Here and there on her right, clutches of young pine grew amid the jagged piles of slate. She occasionally glimpsed them through the torch-lit vapour, but there was nothing cute or Christmassy about them. Many were fantastically warped and twisted by the wind and cold. Equally unnerving, and for some reason Hazel could never fathom, climbers and fell-walkers traversing this route in the past had chosen particularly hefty shards of slate, some of them three or four feet in length, and had then used smaller pieces to prop them upright on both sides of the path – usually every hundred yards or so. What they were supposed to be – distance-markers, or even some variety of crude outdoor art – she never knew, but the illusion they created was of gravestones. Or, if one of the largest ones – some were maybe as tall as five or six feet – suddenly loomed from the fog, of malformed figures standing close by.
She ignored them as she trudged on, the crunching impacts of her boots resounding loudly. By now she was breathing hard, her knees and ankles aching as she leaned forward with each step, occasionally slipping or skidding. A couple of times she thought she heard movement – a scrape or rattle of pebbles.

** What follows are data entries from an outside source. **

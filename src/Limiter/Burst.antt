-- ===== src/Limiter/Burst.antt =====
-- How many requests the limiter lets through at once.
use joyvend_secretvault.Shared.{
  ℕ, zero, suc, ◌-◌, ◌≤◌, ◌<◌, ◌≡◌, refl, ◌∙◌, Bool, true, false, ◌&&◌, Bool-cases, inl, inr, none,
  some, List, [], ◌∷◌, arith, ◌==◌, ltb, min, ℤ, pos, pos_part,
}
use joyvend_secretvault.Text.{Bytes, bytes_eq, bytes_eq_refl, bytes_eq_sound}
use joyvend_secretvault.Maps.{lookup, lookup-insert}
use joyvend_secretvault.Limiter.{
  Floats, Bucket, Limiter, bucket_or_full, per_second, refill, take_token, allow_positive, allow,
}

-- A float64 is exact on the whole numbers up to this one, and no time brings no tokens. (IEEE 754: on
-- those up to 2 ^ 53.)
pub record CountsExactly (f : Floats) (r : ℕ) : Type 0 where
  pub no_refill :
      (k : ℕ) → k ≤ r → f.add (f.of_int k) (f.mul (f.seconds 0) (per_second f r)) ≡ f.of_int k
  pub less_exact : (j k : ℕ) → j ≤ r → k ≤ r → f.less (f.of_int j) (f.of_int k) ≡ ltb j k
  pub one_less : (k : ℕ) → k < r → f.sub (f.of_int (suc k)) (f.of_int 1) ≡ f.of_int k

abbrev pub count_if : Bool → ℕ → ℕ
count_if true n = suc n
count_if false n = n

abbrev pub calls_for : Bytes → List Bytes → ℕ
calls_for name [] = 0
calls_for name (n ∷ names) = count_if (bytes_eq n name) (calls_for name names)

-- How many of the calls for `name` were allowed, of calls for these names at one time, and the limiter
-- after all of them.
unfoldable pub run_limiter : Floats → (Bytes → ℤ) → Bytes → ℕ → List Bytes → Limiter → Limiter × ℕ
run_limiter f rate name now [] l = (l, 0)
run_limiter f rate name now (n ∷ names) l =
    let (l', allowed) = allow f n (rate n) now l in
    let (l'', count) = run_limiter f rate name now names l' in
    (l'', count_if (bytes_eq n name && allowed) count)

-- This many tokens, refilled at this time.
abbrev holding : Floats → ℕ → ℕ → Bucket
holding f k now = record { tokens = f.of_int k; last = now }

module _ (f : Floats) (r now : ℕ) (positive : 0 < r) (exact : CountsExactly f r) where
  refill_now : (k : ℕ) → k ≤ r → refill f r now (holding f k now) ≡ holding f k now
  unfolding refill
  refill_now k h =
      let no_time : now - now ≡ 0 = omega arith in
      let below : ltb r k ≡ false = ground arith in
      rw (no_time, exact.no_refill k h, exact.less_exact r k (omega arith) h, below) refl

  take_token_empty : take_token f (holding f 0 now) ≡ (holding f 0 now, false)
  unfolding take_token
  take_token_empty = rw (exact.less_exact 0 1 (omega arith) (omega arith)) refl

  take_token_some : (k : ℕ) → k < r → take_token f (holding f (suc k) now) ≡ (holding f k now, true)
  unfolding take_token
  take_token_some k h =
      let enough : ltb (suc k) 1 ≡ false = ground arith in
      rw (exact.less_exact (suc k) 1 (omega arith) (omega arith), enough, exact.one_less k h) refl

  -- A call on a bucket that holds `k` tokens now.
  allow_held :
      (name : Bytes) (rate : ℤ) (k : ℕ) (l : Limiter) (b : Bucket) (allowed : Bool)
      → rate ≡ pos r
      → k ≤ r
      → bucket_or_full f r now (lookup name l) ≡ holding f k now
      → take_token f (holding f k now) ≡ (b, allowed)
      → (lookup name (allow f name rate now l).0 ≡ some b) × ((allow f name rate now l).1 ≡ allowed)
  unfolding allow allow_positive
  allow_held name rate k l b allowed is_rate h held taken =
      let limited : (r == 0) ≡ false = ground arith in
      rw is_rate (
        rw limited (
          rw held (
            rw (refill_now k h)
              (rw taken (lookup-insert name name b l ∙ rw (bytes_eq_refl name) refl, refl)))))

  allow_other :
      (n name : Bytes) (rate : ℤ) (l : Limiter)
      → bytes_eq n name ≡ false
      → lookup name (allow f n rate now l).0 ≡ lookup name l
  unfolding allow allow_positive
  allow_other n name rate l e = elim (Bool-cases (pos_part rate == 0)) [
    | inl t ↦ rw t refl
    | inr u ↦ rw u (lookup-insert n name _ l ∙ rw e refl)
  ]

  -- One call for the credential, if the count of the later ones is known.
  own_call :
      (rate : Bytes → ℤ) (name : Bytes) (names : List Bytes) (k : ℕ) (l : Limiter)
      → rate name ≡ pos r
      → k ≤ r
      → bucket_or_full f r now (lookup name l) ≡ holding f k now
      → ((j : ℕ) (m : Limiter)
          → j ≤ r
          → bucket_or_full f r now (lookup name m) ≡ holding f j now
          → (run_limiter f rate name now names m).1 ≡ min (calls_for name names) j)
      → count_if
          (allow f name (rate name) now l).1
          (run_limiter f rate name now names (allow f name (rate name) now l).0).1
        ≡ min (suc (calls_for name names)) k
  unfolding bucket_or_full
  own_call rate name names zero l is_rate h held later =
      let (left, refused) =
        allow_held name (rate name) 0 l (holding f 0 now) false is_rate h held take_token_empty in
      let rest = later 0 (allow f name (rate name) now l).0 h (rw left refl) in
      rw (refused, rest) (omega arith)
  own_call rate name names (suc k) l is_rate h held later =
      let (left, passed) =
        allow_held name (rate name) (suc k) l (holding f k now) true is_rate (omega arith) held
          (take_token_some k (omega arith)) in
      let rest = later k (allow f name (rate name) now l).0 (omega arith) (rw left refl) in
      rw (passed, rest) (omega arith)

  run_limiter_held :
      (rate : Bytes → ℤ) (name : Bytes) (names : List Bytes) (k : ℕ) (l : Limiter)
      → rate name ≡ pos r
      → k ≤ r
      → bucket_or_full f r now (lookup name l) ≡ holding f k now
      → (run_limiter f rate name now names l).1 ≡ min (calls_for name names) k
  unfolding run_limiter
  run_limiter_held rate name [] k l is_rate h held = omega arith
  run_limiter_held rate name (n ∷ names) k l is_rate h held = elim (Bool-cases (bytes_eq n name)) [
    | inr other ↦ rw other (
        run_limiter_held rate name names k (allow f n (rate n) now l).0 is_rate h
          (rw (allow_other n name (rate n) l other) held))
    | inl same ↦ rw (bytes_eq_sound n name same) (
        rw (bytes_eq_refl name) (
          own_call rate name names k l is_rate h held
            (λ j m hj hm. run_limiter_held rate name names j m is_rate hj hm)))
  ]

-- Of calls at one time, for any credentials in any order, on a limiter that does not know this
-- credential: exactly the first `r` of those for it are allowed, if it has the rate `r`, which is
-- positive and such that float64 is exact on the numbers up to it.
pub run_limiter-calls_for :
    (f : Floats) (r now : ℕ) (rate : Bytes → ℤ) (name : Bytes) (names : List Bytes) (l : Limiter)
    → 0 < r
    → CountsExactly f r
    → rate name ≡ pos r
    → lookup name l ≡ none
    → (run_limiter f rate name now names l).1 ≡ min (calls_for name names) r
unfolding bucket_or_full
run_limiter-calls_for f r now rate name names l positive exact is_rate unknown =
    run_limiter_held f r now positive exact rate name names r l is_rate (omega arith)
      (rw unknown refl)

She would always stop on these occasions, only to be greeted by unearthly stillness. Each time it was entirely possible she’d heard an echo, though it set her nerves on edge. She filched her phone from her fleece pocket to see how long she’d been here, and was dismayed to find it was only a couple of minutes.

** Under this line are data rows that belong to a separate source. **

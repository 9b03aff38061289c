-- ===== src/Server/Approvals.antt =====
-- The pipeline behind the server's own approver: what a human has decided of a request that is sent.
use joyvend_secretvault.Shared.{◌≡◌, refl, Bool, true, Option, List, ◌∷◌, none, some}
use joyvend_secretvault.Text.{Bytes}
use joyvend_secretvault.Maps.{lookup}
use joyvend_secretvault.Net.{Url}
use joyvend_secretvault.Model.{Credential, confirm}
use joyvend_secretvault.Store.{lookup_credential}
use joyvend_secretvault.Fetch.{
  FetchRequest, ConfirmRequest, approved, Outgoing, classify_tier, request_method,
}
use joyvend_secretvault.Fetch.Pipeline.{fetch}
use joyvend_secretvault.Fetch.Sending.{IsAcceptable, fetch-IsAuthorised}
use joyvend_secretvault.Approver.{Phase, waiting, chosen, returned, PendingReq, confirm_enter}
use joyvend_secretvault.Approver.Steps.{Step, enter, run_step, run_steps}
use joyvend_secretvault.Approver.Decisions.{
  HasAnswer, first_decision, run_steps-first_decision_fresh,
}
use joyvend_secretvault.Approver.Showing.{Shows, run_steps-Shows, confirm_enter-Shows}
use joyvend_secretvault.Server.{Server, Env, store_of}
use joyvend_secretvault.Server.Handlers.{
  phase_answer, answer_at, confirm_answer, approver_after, server_world,
}

HasAnswer-phase_answer : (p : Phase) → phase_answer p ≡ approved → HasAnswer p approved
HasAnswer-phase_answer waiting e = cc
HasAnswer-phase_answer (chosen a) e = e
HasAnswer-phase_answer (returned a) e = e

answer_at_approved :
    (o : Option PendingReq)
    → answer_at o ≡ approved
    → (pr : PendingReq) × (o ≡ some pr) × HasAnswer pr.phase approved
answer_at_approved none e = cc
answer_at_approved (some pr) e = (pr, refl, HasAnswer-phase_answer pr.phase e)

-- The steps from the entering of the request on.
abbrev pub own_steps : Env → ConfirmRequest → List Step
own_steps env asked = enter env.pointer env.request_id env.asked_at asked ∷ env.steps

-- What a human was shown and decided first.
pub record WasApproved (env : Env) (s : Server) (asked : ConfirmRequest) : Type 0 where
  pub entry : PendingReq
  pub listed : lookup env.pointer (approver_after env (some asked) s.approver).heap ≡ some entry
  pub shown : Shows (some entry) asked
  pub decided : first_decision env.pointer (own_steps env asked) ≡ some true

confirm_answer-WasApproved :
    (env : Env) (s : Server) (asked : ConfirmRequest)
    → lookup env.pointer (run_steps env.before s.approver).heap ≡ none
    → confirm_answer env s.approver asked ≡ approved
    → WasApproved env s asked
unfolding confirm_answer run_steps run_step
confirm_answer-WasApproved env s asked fresh said =
    let start = run_steps env.before s.approver in
    let first = confirm_enter env.pointer env.request_id env.asked_at asked start in
    let (pr, listed, answered) =
      answer_at_approved (lookup env.pointer (run_steps env.steps first).heap) said in
    let shown =
      run_steps-Shows env.steps first env.pointer asked
        (confirm_enter-Shows env.pointer env.request_id env.asked_at asked start fresh) in
    record {
      entry = pr;
      listed = listed;
      shown = rw listed at shown;
      decided =
          run_steps-first_decision_fresh start (own_steps env asked) env.pointer pr fresh listed
            answered;
    }

-- A request with a stored credential that reaches the transport under a tier that asks: the credential
-- is enabled, the URL is acceptable for it, the entry
-- that the call has made at the approver shows the credential, the method and the canonical host of
-- the URL, and the first decision that was sent to that entry approved it; in every order of the steps
-- that others make at the approver. The pointer of the entry is a fresh one.
pub fetch-WasApproved :
    (env : Env) (s : Server) (fr : FetchRequest) (source : Bytes) (out : Outgoing) (c : Credential)
    (on : Bool)
    → lookup env.pointer (run_steps env.before s.approver).heap ≡ none
    → (fetch env.lib (server_world env s) fr source s.engine).sent ≡ some out
    → lookup_credential fr.credential (store_of s) ≡ some (c, on)
    → classify_tier c (request_method env.lib.parsers fr.method) ≡ confirm
    → (on ≡ true)
      × (target : Url) × (host : Bytes) × IsAcceptable env.lib.parsers c fr.url target host
      × WasApproved env s (record {
        credential = fr.credential;
        method = request_method env.lib.parsers fr.method;
        host = host;
      })
fetch-WasApproved env s fr source out c on fresh sent stored asks =
    let auth = fetch-IsAuthorised env.lib (server_world env s) fr source s.engine out sent in
    let same : auth.cred ≡ c = cc (auth.enabled, stored) in
    let said = auth.approved_if_asked (rw same asks) in
    (
      cc (auth.enabled, stored),
      auth.target,
      auth.host,
      rw (← same) auth.acceptable,
      confirm_answer-WasApproved env s _ fresh said,
    )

Sweat chilling on her body, Hazel dragged herself up the Track, which grew ever more uneven and rugged. Only after what seemed much longer than fifteen minutes, closer to half an hour maybe, did it at last level out again, and diverged into two distinct routes. The left-hand route continued ahead, still rising slowly into the Pikes, but from this point only as the narrowest of footpaths. The right-hand route remained broad enough for vehicle passage, just about, and led beneath the darkly woven branches of several firs, before crossing a low bridge into the rocky corrie where Fellstead Grange was located.

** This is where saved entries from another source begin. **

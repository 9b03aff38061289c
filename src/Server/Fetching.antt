-- ===== src/Server/Fetching.antt =====
-- The use plane of internal/server/server.go from the request of an agent to the answer of its upstream.
use joyvend_secretvault.Shared.{
  ◌≡◌, refl, ◌∙◌, ap, ◌||◌, true, false, none, some, List, [], ◌∷◌, arith, ltb, length, take,
}
use joyvend_secretvault.Text.{Bytes, text, bytes_eq}
use joyvend_secretvault.Text.Utf8.{json_text}
use joyvend_secretvault.Auth.{inject_auth}
use joyvend_secretvault.Reflect.{secret_needles, contains_any}
use joyvend_secretvault.Fetch.{
  FetchRequest, FetchResponse, Upstream, Outgoing, is_opaque, response_cap,
}
use joyvend_secretvault.Fetch.Pipeline.{Outcome, fetch}
use joyvend_secretvault.Fetch.Sending.{IsAuthorised}
use joyvend_secretvault.Fetch.Answering.{fetch-Answers}
use joyvend_secretvault.Http.{Request, post, get, lit, serve_mux, find_route, match_path}
use joyvend_secretvault.Server.{Server, Env, Response, json_response, fetched, write_json, token_ok}
use joyvend_secretvault.Server.Handlers.{
  server_world, write_outcome, run_fetch, handle_fetch, handle_root, handle_health, max_fetch_body,
}
use joyvend_secretvault.Server.Planes.{
  miss, vault_token, require_token, is_local, loopback_only, route, use_routes, use_plane,
  guarded_use, plane_routes, serve,
}

abbrev pub fetch_path : List Bytes
fetch_path = text "v1" ∷ text "vault" ∷ text "fetch" ∷ []

module _ (env : Env) (r : Request) (s : Server) where
  routed :
      (m : Bytes) (path : List Bytes)
      → m ≡ post
      → path ≡ fetch_path
      → serve_mux
          (route get (lit [] ∷ []) (handle_root env)
            ∷ route get (lit (text "healthz") ∷ []) (handle_health env)
            ∷ plane_routes env r)
          miss
          m
          path
          s
        ≡ guarded_use env r s
  unfolding serve_mux find_route match_path bytes_eq
  routed m path e f = rw (e, f) refl

  use_routed :
      (m : Bytes) (path : List Bytes)
      → m ≡ post
      → path ≡ fetch_path
      → serve_mux (use_routes env r) miss m path s ≡ handle_fetch env r s
  unfolding serve_mux find_route match_path bytes_eq
  use_routed m path e f = rw (e, f) refl

  guarded_use_open :
      (s.opt.enable_lan || is_local env r) ≡ true
      → token_ok (vault_token r) s.opt.use_token ≡ true
      → guarded_use env r s ≡ use_plane env r s
  unfolding guarded_use loopback_only require_token
  guarded_use_open near token = ground arith

  -- A request to fetch, of the agent with its token.
  serve-run_fetch :
      (fr : FetchRequest)
      → r.method ≡ post
      → r.path ≡ fetch_path
      → (s.opt.enable_lan || is_local env r) ≡ true
      → token_ok (vault_token r) s.opt.use_token ≡ true
      → env.decode_fetch (take (max_fetch_body env) r.body) ≡ some fr
      → serve env r s ≡ run_fetch env r fr s
  unfolding serve use_plane handle_fetch
  serve-run_fetch fr at_method at_path near token decoded =
      routed r.method r.path at_method at_path
      ∙ guarded_use_open near token
      ∙ use_routed r.method r.path at_method at_path
      ∙ rw (decoded, handle_fetch) refl

  -- The outcome of the pipeline for a request.
  abbrev pub outcome_of : FetchRequest → Outcome
  outcome_of fr = fetch env.lib (server_world env s) fr r.remote_addr s.engine

  run_fetch_answered :
      (fr : FetchRequest)
      → (outcome_of fr).error ≡ none
      → (run_fetch env r fr s).1 ≡ write_json 200 (fetched (outcome_of fr).response)
  unfolding run_fetch write_outcome
  run_fetch_answered fr e = rw (e, write_outcome) refl

  -- An agent that posts a request with the use token, from this machine or where the LAN is admitted,
  -- is answered with 200 and what its upstream said: the status, the body up to the limit with U+FFFD in
  -- place of each byte that is not part of a rune in UTF-8, and whether the limit has cut it; if the request passes the tests of the pipeline, and the upstream answers in a
  -- coding that the scan can read and with no needle in what is left of the body.
  pub serve-Answers :
      (fr : FetchRequest) (out : Outgoing) (resp : Upstream)
      (h : IsAuthorised env.lib (server_world env s) fr r.remote_addr s.engine out)
      → r.method ≡ post
      → r.path ≡ fetch_path
      → (s.opt.enable_lan || is_local env r) ≡ true
      → token_ok (vault_token r) s.opt.use_token ≡ true
      → env.decode_fetch (take (max_fetch_body env) r.body) ≡ some fr
      → env.world.round_trip out ≡ some resp
      → is_opaque resp.headers ≡ false
      → contains_any
          (take (response_cap fr.max_response_bytes) resp.body)
          (secret_needles (inject_auth h.cred h.agent_headers).1)
        ≡ false
      → (answer : FetchResponse) × ((serve env r s).1
          ≡ record { status = 200; reply = fetched answer })
        × (answer.status ≡ resp.status)
        × (answer.body ≡ json_text (take (response_cap fr.max_response_bytes) resp.body))
        × (answer.truncated ≡ ltb (response_cap fr.max_response_bytes) (length resp.body))
  serve-Answers fr out resp h at_method at_path near token decoded there plain clean =
      let (no_error, status, body, cut) =
        fetch-Answers env.lib (server_world env s) fr r.remote_addr s.engine out resp h there plain
          clean in
      let served = serve-run_fetch fr at_method at_path near token decoded in
      (
        json_response (outcome_of fr).response,
        ap (λ (o : Server × Response). o.1) served ∙ run_fetch_answered fr no_error,
        status,
        ap json_text body,
        cut,
      )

In good weather, this was a stunningly beautiful spot. Fellstead Corrie was a natural amphitheatre in the hillside, its gentle slopes thick with bracken, gorse and springy heather, and ascending on all sides to high, ice-carved ridges. The farmhouse itself stood close to a bubbling pool at the foot of a cataract, which poured from the dizzying heights of High White Stones like a helter-skelter. At its rear there was a network of allotments, greenhouses (mostly dingy with mould and filled with brambles), decrepit barns and sheds which all belonged to Annie, and swathes of overgrown pasture for which there were now no animals to graze upon. The building, which was early eighteenth-century in origin, was large and sprawling, comprising various wings and gables, and built from solid Lakeland stone with a roof of Westmorland slate. Spruced up, it would be magnificent, and in a location like this it would make a superb country house or holiday inn. But in its current state of semi-dereliction, it was an eyesore. Both the walls and roof were crabbed with lichen, the rotted iron gutters stuffed with mosses and bird’s nests. But of course, none of this dilapidation was visible at present.